New enrollment fees could be ahead for TRICARE

Reforms in the 2017 defense authorization bill add enrollment fees to TRICARE to try to bring down government costs.

Starting in 2018, new members of the military may have to dig deeper into their pockets to pay for  family member medical treatment.

The House Armed Services Committee is proposing some reforms to TRICARE, which insures about 9.5 million active duty, retired and reserve service members in the 2017 defense authorization bill.

Part of those reforms includes adding enrollment fees and fixed dollar copayments for active duty family members and retirees who join the military in 2018 or beyond.

New active duty members would have to pay annual enrollment fees for family members if they join in 2018 or after.

“The goal is to see the changes in structure and function be rolled out and evolve in the next two to four years,” said House Armed Services Military Personnel Subcommittee Chairman Joe Heck (R-Nev.). “Potential increases in enrollment fees and deductibles will be put into place because we will have increased access and increase the product.”

Heck said deductibles and copays will be indexed to the Cost of Living Adjustment.

As for the annual fees, the cost depends what plan members pick. The committee narrowed down the number of plan choices to two.

Beneficiaries can use TRICARE Prime, which is like an HMO and uses military treatment facilities, or they can use TRICARE Preferred, which works like a PPO and offers more treatment choices.

Using that plan, TRICARE Prime will cost an individual $180 and a family $360 annually. Retired beneficiaries will pay $325 for an individual and $650 for a family.

TRICARE Preferred is more expensive. That plan would cost $300 for an individual annually and $600 for a family. Retired users would pay $425 individually and $850 for a family.

Some service member advocate groups think that is too much though.

“That probably sounds minimal compared to what a lot of civilians pay,” said Karen Ruedisueli, deputy director of government relations at the National Military Family Association. “But you have to keep in mind a couple of things. One is that they would be introducing these fees at the same time that the new retirement system is rolling out.”

Ruedisueli said service members will be encouraged to invest in that to get a match from the government.

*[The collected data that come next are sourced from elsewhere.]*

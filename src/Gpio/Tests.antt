-- ===== src/Gpio/Tests.antt =====
-- Pins of a flight controller's header.
use drone_os.Base.{ℕ, pos, true, false, none, some, [], ◌∷◌, codes, ok, All}
use drone_os.Config.{Pin}
use drone_os.Gpio.{default_layout}
use drone_os.Gpio.Validate.{GpioDev, validate_pins}
use drone_os.Gpio.Validate.Requests.{IsFree, validate_pins-IsFree}

abbrev motor : Pin
motor = record {
  name = codes "motor";
  scheme = codes "physical";
  number = pos 12;
  chip = [];
  offset = pos 0;
  direction = codes "output";
  active_low = some true;
  bias = codes "pull_up";
  drive = [];
}

-- A pin with no scheme, number or chip.
abbrev nowhere : Pin
nowhere = record motor { scheme = []; number = pos 0 }

-- A chip whose lines are free and busy on request.
abbrev dev : GpioDev ℕ
dev = record {
  new_chip = λ c. none;
  line_info = λ c n. ok (record { used = false; consumer = [] });
  request_line = λ c n os. some 16;
}

validate_pins-IsFree_example :
    All (IsFree dev) (validate_pins dev default_layout (motor ∷ nowhere ∷ [])).calls
validate_pins-IsFree_example = validate_pins-IsFree dev default_layout (motor ∷ nowhere ∷ [])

In addition, the government is cutting Basic Allowance for Housing and has not been able to tie military pay raises to the Employment Cost Index for at least three years, she said.

All those things combined put a burden on the troops. The committee did suggest a raise tied to the ECI, but that will not happen unless the bill becomes law.

To put things in perspective, a new enlisted soldier is paid $1,567 a month.

The reason for the cost hikes is that the government has become increasingly worried about the rising costs of military health care.

A Congressional Budget Office report stated DoD spent $52 billion in health care for service members, retirees and their families in 2012.

“The cost of providing that care has increased rapidly as a share of the defense budget over the past decade, out-pacing growth in the economy, growth in per capita health care spending in the United States and growth in funding for DoD’s base budget,” the report states.

The cost of providing health care to military and their families rose 130 percent from 2000 to 2012, the report states.

The report states expanded benefits, medical costs of wars and the increased use of TRICARE are all causes of the cost increase.

The committee did not venture to guess exactly how much the fees will save the government on health care, but the Obama administration put out a similar, but slightly more ambitious, plan for TRICARE earlier this year.

That plan projected an estimated savings of about $5 billion between 2017 and 2021.

While the enrollment fees may lessen the cost of health care for the government and put some burden on the troops, some lawmakers think more needs to be done to fix the system.

“We are probably not saving the kind of money that might be necessary going forward so that we are certain people are getting the very best care, but at the same time [creating] savings going forward,” House Armed Services Military Personnel Subcommittee Ranking Member Susan Davis (D-Calif.) said. “One we start letting [health care costs] rise too much over the personnel costs overall we are going to be in trouble.”